Dr. Young Wan Ham, Department of Chemistry and Biochemistry
Evaluation of how well the academic objectives of the proposal were met
In our 2009 MEG application, we have proposed structure-based rational design of metabolite mimics based on S-adenosylmethionine (SAM) as novel antibiotics targeting SAM-I/II riboswitches and subsequent development of fluorescence assay to evaluate binding of the designed mimics to SAM-I/II riboswitches.
First, We have successfully prepared libraries of SAM mimics by attaching (1) nucleotide-intercalating agents of various binding strengths and (2) extra aminoalkyl groups on the N-terminus of SAM.
Second, a fluorescence-labeled SAM-II riboswitch was successfully prepared by replacing A9 by 2-AP, a fluorescent analogue of adenine.
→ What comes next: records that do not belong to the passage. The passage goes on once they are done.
-- ===== src/Actions/Links.antt =====
-- Every session of the ledger stays a hash chain.
use mathlib.Core.Path.{subst}
use mathlib.Core.List.{append-nil}
use lineagelens.Prelude.{
  ℕ, Bool, ◌&&◌, false, All, suc, ◌+◌, String, ◌≡◌, refl, sym, ap, ◌∙◌, true, ◌⊎◌, Option, none,
  some, List, [], ◌∷◌, ◌++◌, arith, eq_iff, eq_refl, Bool-cases, Option-cases, inl, inr, filter,
  filter-append, get_last?, get_last?-append, length, length-append,
}
use lineagelens.Actions.Arguments.{bound_arguments}
use lineagelens.Actions.Risk.{flag_risky_action}
use lineagelens.Actions.Ledger.{
  AgentActionItem, AgentAction, Outside, compute_action_hash, unhashed_row, hashed, record_action,
  as_stored, moment_of, raised, flush_failed, added, ingest_agent_actions, in_session, tail_hash,
  Batch, record_actions, record_actions_batch,
}

module _ (o : Outside) where
  -- Each row names the hash of the one before it, and its own is that of its columns.
  abbrev pub Linked : Option String → List AgentAction → Type 0
  Linked prev [] = Unit
  Linked prev (r ∷ rows) =
      (r.prev_hash ≡ prev)
      × (r.record_hash ≡ some (compute_action_hash o r))
      × Linked r.record_hash rows

  -- The rows of a session, from the first one on.
  abbrev pub IsChained : String → String → List AgentAction → Type 0
  IsChained workspace_id session_key rows =
      Linked none (filter (in_session o workspace_id session_key) rows)

  abbrev last_hash : Option String → List AgentAction → Option String
  last_hash prev rows = elim (get_last? rows) [ none ↦ prev | some r ↦ r.record_hash ]

  last_hash-cons :
      (p q : Option String) (x : AgentAction) (rows : List AgentAction)
      → last_hash p (x ∷ rows) ≡ last_hash q (x ∷ rows)
  last_hash-cons p q x [] = refl
  last_hash-cons p q x (y ∷ rows) = last_hash-cons p q y rows

  Linked-append :
      (prev : Option String) (rows : List AgentAction) (r : AgentAction)
      → Linked prev rows
      → r.prev_hash ≡ last_hash prev rows
      → r.record_hash ≡ some (compute_action_hash o r)
      → Linked prev (rows ++ r ∷ [])
  Linked-append prev [] r h e hash = (e, hash, tt)
  Linked-append prev (x ∷ []) r h e hash = (h.0, h.1, Linked-append x.record_hash [] r tt e hash)
  Linked-append prev (x ∷ y ∷ rows) r h e hash = (
    h.0,
    h.1,
    Linked-append x.record_hash (y ∷ rows) r h.2 (e ∙ last_hash-cons prev x.record_hash y rows)
        hash,
  )

  -- The column keeps the moment of the action.
  abbrev pub KeepsMoment : AgentActionItem → Type 0
  KeepsMoment action = o.stored_moment (moment_of o action) ≡ moment_of o action

  module _ (ws key : String) (context : Option String) where
    -- It raises, its flush fails, or it adds a row of the session that is linked to the given hash.
    record_action_cases :
        (action : AgentActionItem) (prev : Option String) (active : Bool) (rows : List AgentAction)
        → KeepsMoment action
        → (record_action o ws key context action prev active rows ≡ raised)
          ⊎ ((record_action o ws key context action prev active rows ≡ flush_failed)
              ⊎ ((row : AgentAction) × (row.workspace_id ≡ ws)
                  × (row.session_key ≡ key)
                  × (row.prev_hash ≡ prev)
                  × (row.record_hash ≡ some (compute_action_hash o row))
                  × (record_action o ws key context action prev active rows
                      ≡ added row (rows ++ row ∷ []))))
    unfolding record_action unhashed_row compute_action_hash
    record_action_cases action prev active rows keeps =
        let args = bound_arguments o.dumps_length action.arguments in
        elim (Option-cases (flag_risky_action o.searches action.action_type args)) [
          | inl raises ↦ inl (rw (record_action, raises) refl)
          | inr (risk, flagged) ↦
              let made = hashed o (unhashed_row o ws key context action args risk prev) in
              elim (Bool-cases (active && o.accepts made)) [
                | inr refused ↦ inr (inl (rw (record_action, flagged, refused) refl))
                | inl stored ↦ inr (
                    inr (
                      made,
                      refl,
                      refl,
                      refl,
                      refl,
                      rw (record_action, flagged, stored)
                          (ap (λ t. added made (rows ++ record made { occurred_at = t } ∷ []))
                            keeps),
                    ))
              ]
        ]

    -- A row of this session is linked into whichever session is looked at.
    IsChained-append :
        (ws' key' : String) (rows : List AgentAction) (row : AgentAction)
        → row.workspace_id ≡ ws
        → row.session_key ≡ key
        → row.prev_hash ≡ tail_hash o ws key rows
        → row.record_hash ≡ some (compute_action_hash o row)
        → IsChained ws' key' rows
        → IsChained ws' key' (rows ++ row ∷ [])
    unfolding tail_hash
    IsChained-append ws' key' rows row same_ws same_key prev hash chained =
        let split = filter-append (in_session o ws' key') rows (row ∷ []) in
        elim (Bool-cases (in_session o ws' key' row)) [
          | inr other ↦
              let alone : filter (in_session o ws' key') (row ∷ []) ≡ [] = rw other refl in
              subst (Linked none)
                (sym (
                  split
                  ∙ ap (λ xs. filter (in_session o ws' key') rows ++ xs) alone
                  ∙ append-nil (filter (in_session o ws' key') rows)))
                chained
          | inl here ↦
              let alone : filter (in_session o ws' key') (row ∷ []) ≡ row ∷ [] = rw here refl in
              let is_ws : ws ≡ ws' =
                sym same_ws ∙ ground (arith, here, eq_iff row.workspace_id ws') in
              let is_key : key ≡ key' =
                sym same_key ∙ ground (arith, here, eq_iff row.session_key key') in
              let tail : row.prev_hash ≡ last_hash none (filter (in_session o ws' key') rows) =
                prev
                ∙ ap (λ w. tail_hash o w key rows) is_ws
                ∙ ap (λ k. tail_hash o ws' k rows) is_key in
              subst (Linked none)
                (sym (split ∙ ap (λ xs. filter (in_session o ws' key') rows ++ xs) alone))
                (Linked-append none (filter (in_session o ws' key') rows) row chained tail hash)
        ]

    tail_hash-append :
        (rows : List AgentAction) (row : AgentAction)
        → row.workspace_id ≡ ws
        → row.session_key ≡ key
        → tail_hash o ws key (rows ++ row ∷ []) ≡ row.record_hash
    unfolding tail_hash
    tail_hash-append rows row same_ws same_key =
        let here : in_session o ws key row ≡ true =
          ground (arith, same_ws, same_key, eq_refl ws, eq_refl key) in
        let alone : filter (in_session o ws key) (row ∷ []) ≡ row ∷ [] = rw here refl in
        let split =
          filter-append (in_session o ws key) rows (row ∷ [])
          ∙ ap (λ xs. filter (in_session o ws key) rows ++ xs) alone in
        rw (tail_hash, split, get_last?-append (filter (in_session o ws key) rows) row) refl

    -- The loop, started at the end of the session's chain.
    record_actions_lem :
        (ws' key' : String) (actions : List AgentActionItem) (prev : Option String)
        (batch : Batch o)
        → All KeepsMoment actions
        → prev ≡ tail_hash o ws key batch.rows
        → IsChained ws' key' batch.rows
        → IsChained ws' key' (record_actions o ws key context actions prev batch).rows
          × ((record_actions o ws key context actions prev batch).recorded
                + (record_actions o ws key context actions prev batch).skipped
              ≡ batch.recorded + batch.skipped + length actions)
          × (length (record_actions o ws key context actions prev batch).rows + batch.recorded
              ≡ length batch.rows + (record_actions o ws key context actions prev batch).recorded)
    unfolding record_actions
    record_actions_lem ws' key' [] prev batch keeps e chained = (chained, omega arith, refl)
    record_actions_lem ws' key' (action ∷ actions) prev batch keeps e chained =
        elim (record_action_cases action prev batch.is_active batch.rows keeps.0) [
          | inl raises ↦
              let rest =
                record_actions_lem ws' key' actions prev
                  (record batch { skipped = suc batch.skipped }) keeps.1 e chained in
              rw (record_actions, raises) (rest.0, rest.1 ∙ omega arith, rest.2)
          | inr (inl fails) ↦
              let rest =
                record_actions_lem ws' key' actions prev
                  (record batch { skipped = suc batch.skipped; is_active = false }) keeps.1 e
                  chained in
              rw (record_actions, fails) (rest.0, rest.1 ∙ omega arith, rest.2)
          | inr (inr (row, same_ws, same_key, linked, hash, adds)) ↦
              let rest =
                record_actions_lem ws' key' actions row.record_hash
                  (record batch { rows = batch.rows ++ row ∷ []; recorded = suc batch.recorded })
                  keeps.1 (sym (tail_hash-append batch.rows row same_ws same_key))
                  (IsChained-append ws' key' batch.rows row same_ws same_key (linked ∙ e) hash
                    chained) in
              rw (record_actions, adds)
                (
                  rest.0,
                  rest.1 ∙ omega arith,
                  omega (arith, rest.2, length-append batch.rows (row ∷ [])),
                )
        ]

    -- The session stays active where the database accepts every row.
    record_action_accepted :
        (accepting : (r : AgentAction) → o.accepts r ≡ true) (action : AgentActionItem)
        (prev : Option String) (rows : List AgentAction)
        → (record_action o ws key context action prev true rows ≡ raised)
          ⊎ ((row : AgentAction) × (rows' : List AgentAction) × (record_action o ws key context
                  action prev true rows
                ≡ added row rows'))
    unfolding record_action
    record_action_accepted accepting action prev rows =
        let args = bound_arguments o.dumps_length action.arguments in
        elim (Option-cases (flag_risky_action o.searches action.action_type args)) [
          | inl raises ↦ inl (rw (record_action, raises) refl)
          | inr (risk, flagged) ↦
              let made = hashed o (unhashed_row o ws key context action args risk prev) in
              let taken = accepting made in
              inr (made, rows ++ as_stored o made ∷ [], rw (record_action, flagged, taken) refl)
        ]

    record_actions_active :
        (accepting : (r : AgentAction) → o.accepts r ≡ true) (actions : List AgentActionItem)
        (prev : Option String) (batch : Batch o)
        → batch.is_active ≡ true
        → (record_actions o ws key context actions prev batch).is_active ≡ true
    unfolding record_actions
    record_actions_active accepting [] prev batch active = active
    record_actions_active accepting (action ∷ actions) prev batch active =
        let same = ap (λ b. record_action o ws key context action prev b batch.rows) active in
        elim (record_action_accepted accepting action prev batch.rows) [
          | inl raises ↦
              let e = same ∙ raises in
              rw (record_actions, e)
                (record_actions_active accepting actions prev
                  (record batch { skipped = suc batch.skipped }) active)
          | inr (row, rows', adds) ↦
              let e = same ∙ adds in
              rw (record_actions, e)
                (record_actions_active accepting actions row.record_hash
                  (record batch { rows = rows'; recorded = suc batch.recorded }) active)
        ]

module _ (o : Outside) (ws key : String) (context : Option String) where
  -- An answer counts every action once, as recorded or as skipped, and the table grows by the
  -- recorded ones; without an answer it stays as it was.
  abbrev pub Counted :
      List AgentActionItem → List AgentAction → Option (ℕ × ℕ) × List AgentAction → Type 0
  Counted actions rows result = elim result.0 [
    | none ↦ result.1 ≡ rows
    | some counts ↦
        (counts.0 + counts.1 ≡ length actions) × (length result.1 ≡ length rows + counts.0)
  ]

  -- Where the database gives the moments of the actions back as they are hashed, the route leaves
  -- every session of every workspace a chain, whichever actions raise and whichever flush fails: each
  -- row holds the hash of the row before it and the digest of its own columns. An answer counts every
  -- action once, as recorded or as skipped, and the ledger grows by the recorded ones; without an
  -- answer the ledger stays as it was. There is an answer where the database accepts every row.
  pub ingest_agent_actions-IsChained :
      (actions : List AgentActionItem) (rows : List AgentAction) (ws' key' : String)
      → All (KeepsMoment o) actions
      → IsChained o ws' key' rows
      → let result = ingest_agent_actions o ws key context actions rows in
        IsChained o ws' key' result.1
        × Counted actions rows result
        × (((r : AgentAction) → o.accepts r ≡ true) → (counts : ℕ × ℕ) × (result.0 ≡ some counts))
  unfolding ingest_agent_actions record_actions_batch
  ingest_agent_actions-IsChained [] rows ws' key' keeps chained =
      (chained, (refl, omega arith), λ accepting. ((0, 0), refl))
  ingest_agent_actions-IsChained (action ∷ actions) rows ws' key' keeps chained =
      let batch = record_actions_batch o ws key context (action ∷ actions) rows in
      let start : Batch o = record { rows = rows; recorded = 0; skipped = 0; is_active = true } in
      let (linked, counted, grown) =
        record_actions_lem o ws key context ws' key' (action ∷ actions) (tail_hash o ws key rows)
          start keeps refl chained in
      elim (Bool-cases batch.is_active) [
        | inl active ↦
            rw (ingest_agent_actions, active)
              (
                linked,
                (counted ∙ omega arith, omega (arith, grown)),
                λ accepting. ((batch.recorded, batch.skipped), refl),
              )
        | inr failed ↦
            rw (ingest_agent_actions, failed)
              (
                chained,
                refl,
                λ accepting.
                    let active =
                      record_actions_active o ws key context accepting (action ∷ actions)
                        (tail_hash o ws key rows) start refl in
                    absurd (ground (arith, failed, active)),
              )
      ]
It was then titrated with SAM and SAH and confirmed that the fluorescence-modified SAM-II can be used for high- throughput screening (HTS) of metabolite mimics (Figure 1).
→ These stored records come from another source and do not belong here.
-- ===== src/Config/Parms/Entry.antt =====
-- pkg/config/config.go: ConfigParm, envVarKey, AddParm, and the order of `keys`.
use mq_metric_samples.Prelude.{
  Bytes, String, codes, to_upper, to_upper_byte, Bool, true, false, List, [], ◌∷◌, ◌++◌, insert,
  ltb, ◌==◌, if◌then◌else◌, In, here, there, All, Bool-cases, inl, inr,
}
use mq_metric_samples.Config.Parms.Vars.{Loc, Value, ParmType}

pub record ConfigParm : Type 0 where
  pub loc : Loc
  pub default_value : Value
  pub parm_type : ParmType
  pub user_set : Bool
  pub cli_name : String
  pub env_section : String
  pub env_name : String
  pub usage : String

-- An entry of `configParms`.
abbrev pub Entry : Type 0
Entry = Bytes × ConfigParm

abbrev pub ConfigParms : Type 0
ConfigParms = List Entry

unfoldable pub env_var_key : String → String → Bytes
unfolding to_upper_byte
env_var_key section name = to_upper (codes "IBMMQ_" ++ codes section ++ codes "_" ++ codes name)

unfoldable pub add_parm :
    Loc → Value → ParmType → String → String → String → String → ConfigParms → ConfigParms
unfolding insert env_var_key
add_parm loc default_value parm_type cli_name env_section env_name usage parms =
    insert (env_var_key env_section env_name)
      (record {
        loc = loc;
        default_value = default_value;
        parm_type = parm_type;
        user_set = false;
        cli_name = cli_name;
        env_section = env_section;
        env_name = env_name;
        usage = usage;
      })
      parms

-- Go's order of strings.
bytes_lt : Bytes → Bytes → Bool
bytes_lt [] [] = false
bytes_lt [] (y ∷ ys) = true
bytes_lt (x ∷ xs) [] = false
bytes_lt (x ∷ xs) (y ∷ ys) =
    let rest = bytes_lt xs ys in if ltb x y then true else if x == y then rest else false

place : Entry → List Entry → List Entry
place e [] = e ∷ []
place e (f ∷ es) = let rest = f ∷ place e es in if bytes_lt f.0 e.0 then rest else e ∷ f ∷ es

-- The entries in the order of `sort.Strings(keys)`.
unfoldable pub sort_entries : List Entry → List Entry
unfolding bytes_lt place
sort_entries [] = []
sort_entries (e ∷ es) = place e (sort_entries es)

In-place_self : (e : Entry) (es : List Entry) → In e (place e es)
unfolding place
In-place_self e [] = here
In-place_self e (f ∷ es) = elim (Bool-cases (bytes_lt f.0 e.0)) [
  | inl after ↦ rw after (there (In-place_self e es))
  | inr before ↦ rw before here
]

In-place : {x : Entry} (e : Entry) {es : List Entry} → In x es → In x (place e es)
unfolding place
In-place {x} e (here {xs}) = elim (Bool-cases (bytes_lt x.0 e.0)) [
  | inl after ↦ rw after here
  | inr before ↦ rw before (there here)
]
In-place e (there {y} {xs} i) = elim (Bool-cases (bytes_lt y.0 e.0)) [
  | inl after ↦ rw after (there (In-place e i))
  | inr before ↦ rw before (there (there i))
]

pub In-sort_entries : {x : Entry} {es : List Entry} → In x es → In x (sort_entries es)
unfolding sort_entries
In-sort_entries here = In-place_self _ _
In-sort_entries (there i) = In-place _ (In-sort_entries i)

All-place {ℓ} :
    (P : Entry → Type ℓ) (e : Entry) (es : List Entry) → P e → All P es → All P (place e es)
unfolding place
All-place P e [] h hs = (h, hs)
All-place P e (f ∷ es) h hs = elim (Bool-cases (bytes_lt f.0 e.0)) [
  | inl after ↦ rw after (hs.0, All-place P e es h hs.1)
  | inr before ↦ rw before (h, hs)
]

pub All-sort_entries {ℓ} :
    (P : Entry → Type ℓ) (es : List Entry) → All P es → All P (sort_entries es)
unfolding sort_entries
All-sort_entries P [] h = h
All-sort_entries P (e ∷ es) h = All-place P e (sort_entries es) h.0 (All-sort_entries P es h.1)

-- Each entry is related to all behind it.
abbrev pub AllPairs {ℓ} : (Entry → Entry → Type ℓ) → List Entry → Type ℓ
AllPairs R [] = Unit
AllPairs R (e ∷ es) = All (R e) es × AllPairs R es

module _ {ℓ} (R : Entry → Entry → Type ℓ) (R_symm : (e f : Entry) → R e f → R f e) where
  AllPairs-place :
      (e : Entry) (es : List Entry) → All (R e) es → AllPairs R es → AllPairs R (place e es)
  unfolding place
  AllPairs-place e [] h hs = (h, hs)
  AllPairs-place e (f ∷ es) h hs = elim (Bool-cases (bytes_lt f.0 e.0)) [
    | inl after ↦
        rw after (All-place (R f) e es (R_symm e f h.0) hs.0, AllPairs-place e es h.1 hs.1)
    | inr before ↦ rw before (h, hs)
  ]

  pub AllPairs-sort_entries : (es : List Entry) → AllPairs R es → AllPairs R (sort_entries es)
  unfolding sort_entries
  AllPairs-sort_entries [] h = h
  AllPairs-sort_entries (e ∷ es) h =
      AllPairs-place e (sort_entries es) (All-sort_entries (R e) es h.0)
        (AllPairs-sort_entries es h.1)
Third, the SAM mimics prepared by the structure-based rational design were screened for binding to SAM-II by fluorescence binding assay. This experiment demonstrated that interaction between SAM-riboswitches and its metabolite SAM is so delicate which is overwhelmed by intercalating-based modification leading to nonspecific binding interaction evidenced by an unexpected fluorescence increase. However, when electrostatic interaction-based mimics have shown the desired decrease in fluorescence.
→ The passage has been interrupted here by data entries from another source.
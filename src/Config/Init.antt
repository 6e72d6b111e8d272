-- ===== src/Config/Init.antt =====
-- pkg/config/config.go: InitConfig, the table of the parameters that all collectors share. The
-- setting of flag.Usage prints and is left out. `filters[idx]` is named by the key of idx in
-- `otString`; the loop over that map adds under keys of their own, so its order does not show.
use Prim.Native.String.{◌++◌ as str_append}
use mq_metric_samples.Prelude.{ℕ, codes, String, Bool, true, false, List, [], ◌∷◌, ◌++◌ as append}
use mq_metric_samples.Prelude.Int.{pos}
use mq_metric_samples.Config.Parms.Entry.{ConfigParms, add_parm}
use mq_metric_samples.Config.Parms.Vars.{
  str_loc, int_loc, bool_loc, str, int, bool, cp_str, cp_int, cp_bool,
}

-- `otString`, with the numbers of mqmetric's object types.
abbrev pub ot_string : List (String × ℕ)
ot_string =
    ("qmgr", 5)
    ∷ ("queues", 1)
    ∷ ("channels", 6)
    ∷ ("topics", 8)
    ∷ ("subscriptions", 15)
    ∷ ("amqpChannels", 20)
    ∷ ("mqttChannels", 21)
    ∷ ("bufferpools", 17)
    ∷ ("pagesets", 18)
    ∷ []

-- mqmetric.OT_LAST_USED
abbrev pub ot_last_used : ℕ
ot_last_used = 21

-- One call of AddParm.
abbrev pub AddParm : Type 0
AddParm = ConfigParms → ConfigParms

abbrev pub str_parm : String → String → String → String → String → String → AddParm
str_parm var value = add_parm (str_loc var) (str (codes value)) cp_str

abbrev pub int_parm : String → ℕ → String → String → String → String → AddParm
int_parm var value = add_parm (int_loc var) (int (pos value)) cp_int

abbrev pub bool_parm : String → Bool → String → String → String → String → AddParm
bool_parm var value = add_parm (bool_loc var) (bool value) cp_bool

abbrev connection_parms : List AddParm
connection_parms =
    str_parm "cm.LogLevel" "error" "log.level" "global" "logLevel" "Log level - debug, info, error"
    ∷ str_parm "cm.QMgrName" "" "ibmmq.queueManager" "connection" "queueManager"
        "Queue Manager name"
    ∷ str_parm "cm.CC.CcdtUrl" "" "ibmmq.ccdtUrl" "connection" "ccdtUrl" "Path to CCDT"
    ∷ str_parm "cm.CC.ConnName" "" "ibmmq.connName" "connection" "connName" "Connection Name"
    ∷ str_parm "cm.CC.Channel" "" "ibmmq.channel" "connection" "channel" "Channel Name"
    ∷ str_parm "cm.ReplyQ" "SYSTEM.DEFAULT.MODEL.QUEUE" "ibmmq.replyQueue" "connection" "replyQueue"
        "Reply Queue to collect data"
    ∷ str_parm "cm.ReplyQ2" "" "ibmmq.replyQueue2" "connection" "replyQueue2"
        "Reply Queue to collect other data "
    ∷ str_parm "cm.CC.DurableSubPrefix" "" "ibmmq.durableSubPrefix" "connection" "durableSubPrefix"
        "Collector identifier when using Durable Subscriptions"
    ∷ []

abbrev object_parms : List AddParm
object_parms =
    str_parm "cm.CC.StatisticsQ" "SYSTEM.ADMIN.STATISTICS.QUEUE" "ibmmq.statisticsQueue"
      "connection" "statisticsQueue" "Queue holding statistics data"
    ∷ int_parm "cm.CC.WaitInterval" 3 "ibmmq.waitInterval" "connection" "waitInterval"
        "Maximum wait time for queue manager responses"
    ∷ str_parm "cm.MetaPrefix" "" "metaPrefix" "global" "metaPrefix"
        "Override path to monitoring resource topic"
    ∷ str_parm "cm.MonitoredQueues" "" "ibmmq.monitoredQueues" "objects" "queues"
        "Patterns of queues to monitor"
    ∷ str_parm "cm.MonitoredChannels" "" "ibmmq.monitoredChannels" "objects" "channels"
        "Patterns of channels to monitor"
    ∷ str_parm "cm.MonitoredAMQPChannels" "" "ibmmq.monitoredAMQPChannels" "objects" "amqpChannels"
        "Patterns of AMQP channels to monitor"
    ∷ str_parm "cm.MonitoredMQTTChannels" "" "ibmmq.monitoredMQTTChannels" "objects" "mqttChannels"
        "Patterns of MQTT channels to monitor"
    ∷ str_parm "cm.MonitoredQueuesFile" "" "ibmmq.monitoredQueuesFile" "objects" "queuesFile"
        "File with patterns of queues to monitor"
    ∷ str_parm "cm.MonitoredChannelsFile" "" "ibmmq.monitoredChannelsFile" "objects" "channelsFile"
        "File with patterns of channels to monitor"
    ∷ str_parm "cm.MonitoredAMQPChannelsFile" "" "ibmmq.monitoredAMQPChannelsFile" "objects"
        "amqpChannelsFile" "File with patterns of AMQP channels to monitor"
    ∷ str_parm "cm.MonitoredMQTTChannelsFile" "" "ibmmq.monitoredMQTTChannelsFile" "objects"
        "mqttChannelsFile" "File with patterns of MQTT channels to monitor"
    ∷ str_parm "cm.MonitoredTopics" "#" "ibmmq.monitoredTopics" "objects" "topics"
        "Patterns of topics to monitor"
    ∷ str_parm "cm.MonitoredSubscriptions" "*" "ibmmq.monitoredSubscriptions" "objects"
        "subscriptions" "Patterns of subscriptions to monitor"
    ∷ []

abbrev filter_parms : List AddParm
filter_parms =
    str_parm "cm.MonitoredTopicsFile" "" "ibmmq.monitoredTopicsFile" "objects" "topicsFile"
      "File with patterns of topics to monitor"
    ∷ str_parm "cm.MonitoredSubscriptionsFile" "" "ibmmq.monitoredSubscriptionsFile" "objects"
        "subscriptionsFile" "File with patterns of subscriptions to monitor"
    ∷ str_parm "cm.QueueSubscriptionSelector" "" "ibmmq.queueSubscriptionSelector" "filters"
        "queueSubscriptionSelector" "Resource topic selection for queues"
    ∷ bool_parm "cm.CC.ShowInactiveChannels" false "ibmmq.showInactiveChannels" "filters"
        "showInactiveChannels" "Show inactive channels (not just stopped ones)"
    ∷ bool_parm "cm.CC.ShowCustomAttribute" false "ibmmq.showCustomAttribute" "filters"
        "showCustomAttribute" "Include custom attribute in metrics"
    ∷ bool_parm "cm.CC.ShowUnknownSince" false "ibmmq.showUnknownSince" "filters" "showUnknownSince"
        "Show the 'since last put/get' values as very large value if not known"
    ∷ bool_parm "cm.CC.HideSvrConnJobname" false "ibmmq.hideSvrConnJobname" "filters"
        "hideSvrConnJobname" "Don't create multiple instances of SVRCONN information"
    ∷ bool_parm "cm.CC.HideAMQPClientId" false "ibmmq.hideAMQPClientId" "filters" "hideAMQPClientId"
        "Don't create multiple instances of ClientID information"
    ∷ bool_parm "cm.CC.HideMQTTClientId" false "ibmmq.hideMQTTClientId" "filters" "hideMQTTClientId"
        "Don't create multiple instances of ClientID information"
    ∷ []

abbrev global_parms : List AddParm
global_parms =
    bool_parm "deprecatedBool" false "ibmmq.qStatus" "global" "useObjectStatus"
      "Add metrics from the QSTATUS fields"
    ∷ bool_parm "deprecatedBool" false "ibmmq.useStatus" "global" "useObjectStatus"
        "Add metrics from all object STATUS fields"
    ∷ bool_parm "cm.CC.UsePublications" true "ibmmq.usePublications" "global" "usePublications"
        "Use resource publications. Set to false to monitor older Distributed platforms"
    ∷ bool_parm "cm.CC.UseResetQStats" false "ibmmq.resetQStats" "global" "useResetQStats"
        "Use RESET QSTATS on z/OS queue managers"
    ∷ bool_parm "cm.CC.UseStatistics" false "ibmmq.useStatistics" "global" "useStatistics"
        "Use STATISTICS messages instead of publications on Distributed platforms"
    ∷ str_parm "cm.CC.UserId" "" "ibmmq.userid" "connection" "user" "UserId for MQ connection"
    ∷ str_parm "cm.CC.Password" "" "ibmmq.password" "connection" "password"
        "Password for MQ connection"
    ∷ str_parm "cm.PasswordFile" "" "ibmmq.passwordFile" "connection" "passwordFile"
        "File containing password for MQ connection"
    ∷ bool_parm "cm.CC.ClientMode" false "ibmmq.client" "connection" "clientConnection"
        "Connect as MQ client"
    ∷ str_parm "cm.TZOffsetString" "0h" "ibmmq.tzOffset" "global" "tzOffset"
        "Time difference between collector and queue manager"
    ∷ str_parm "cm.pollInterval" "0s" "pollInterval" "global" "pollInterval"
        "Frequency of issuing object status checks"
    ∷ str_parm "cm.rediscoverInterval" "1h" "rediscoverInterval" "global" "rediscoverInterval"
        "Frequency of expanding wildcards for monitored queues"
    ∷ str_parm "cm.Locale" "" "locale" "global" "locale" "Locale for translated metric descriptions"
    ∷ str_parm "cm.ConfigFile" "" "f" "global" "configurationFile" "Configuration file"
    ∷ []

abbrev other_parms : List AddParm
other_parms =
    str_parm "cfMoved.QueueSubscriptionSelector" "" "removed.queueSubscriptionSelector" "objects"
      "queueSubscriptionSelector" "Moved to FILTERS section"
    ∷ str_parm "cfMoved.ShowInactiveChannels" "" "removed.showInactiveChannels" "objects"
        "showInactiveChannels" "Moved to FILTERS section"
    ∷ str_parm "cm.metadataTags" "" "ibmmq.metadataTags" "connection" "metadataTags"
        "Additional Tags"
    ∷ str_parm "cm.metadataValues" "" "ibmmq.metadataValues" "connection" "metadataValues"
        "Additional Values (one per tag)"
    ∷ []

abbrev pub include_var : String → String
include_var ot = str_append "filters.include." ot

abbrev pub exclude_var : String → String
exclude_var ot = str_append "filters.exclude." ot

abbrev metric_parms : List (String × ℕ) → List AddParm
metric_parms [] = []
metric_parms ((ot, idx) ∷ rest) =
    str_parm (include_var ot) "" (str_append "includeMetric." ot) "filters"
      (str_append "Include_" ot) (str_append "Metric inclusion list for " ot)
    ∷ str_parm (exclude_var ot) "" (str_append "excludeMetric." ot) "filters"
        (str_append "Exclude_" ot) (str_append "Metric exclusion list for " ot)
    ∷ metric_parms rest

unfoldable pub run_adds : List AddParm → AddParm
run_adds [] parms = parms
run_adds (f ∷ fs) parms = run_adds fs (f parms)

unfoldable pub init_config : ConfigParms
unfolding run_adds add_parm
init_config =
    run_adds
      (append connection_parms (
        append object_parms (
          append filter_parms (append global_parms (append other_parms (metric_parms ot_string))))))
      []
Evaluation of the mentoring environment
First, the participating students, both graduates and undergraduates, involved in organic synthesis, molecular modeling, and biophysical assays. Therefore, they had ample opportunities to utilize the knowledge they had obtained in broad areas of chemistry: general, organic and analytical chemistries, and biochemistry.
As a newly starting assistant professor, it is obligatory that I, as the PI, closely work with individual students and provide necessary training and resources for the research. The PI devoted most of the midweek days in the lab to do the bench work alongside with the students. Therefore, the participating students have almost unlimited access to the PI and receive very close personal attention on their research progress. It was in addition to the individual research progress meeting held weekly.
List of students who participated and what academic deliverables they have produced or it is anticipated they will produce
List of students who participated:
Undergraduate: Susie Choi, John Mahler, Daniel Dayton, Jorden Marble, Brandon Leavitt; Graduate students: Venkatareddy Udumula, Darin Humphreys
Academic deliverables: The support from MEG resulted in 3 publications (2 published and one pending) for the participating students. One more manuscripts will be submitted in the coming months as a result of this research.
- Chittapragada, M.; Roberts, S.; Ham, Y.-W. Perspec. Med. Chem. 2009, 21-37
- Roberts, S.; Chittapragada, M.; Leavitt, B. L.; Mahler, J. W.; Ham, Y.-W.
Tetrahedron Lett. 2010, 1779-1781. - Udumula, V.; Dayton, D.; Marble, J.; Ham, Y. –W. Submitted to J. Am. Chem.
Soc.
Description of the results/findings of the project
The results mentioned in section 1 serve as a proof-of-concept in applying rational approach in designing RNA binding small molecules to target RNA. This implies that it is necessary to target RNA that is more rigid and therefore has more stable secondary structures. From this end, we have designed 2-deoxystreptamine (2-DOS) mimics to develop sequence-specific RNA binding small molecules using amide backbone to increase backbone rigidity therefore increase binding specificity. We have designed dimeric 2-DOS mimic with amide bond in between. It is shown that this mimic recognize 5’-GUUU-3’ sequence selectively. To the best knowledge of the PI, this is the first example showing that four consecutive RNA nucleotides may be targeted sequence- selectively and amide bond can be utilized to promote the selectivity. This result opens new avenue to reinvent aminoglycoside antibiotics potentially to combat resistance. In addition, side effect such as hearing loss resulted from non-specific binding may be minimized employing this approach.
A summary of how funds were used
As initially proposed, the fund was mostly used to support two graduate students (Darin Humphreys and Venkatareddy Udumula) and two undergraduate students (John Mahler and Daniel Dayton) for the summer months of 2009 and 2010. The rest of the fund was used to purchase consumables including chemicals, solvents, and RNAs.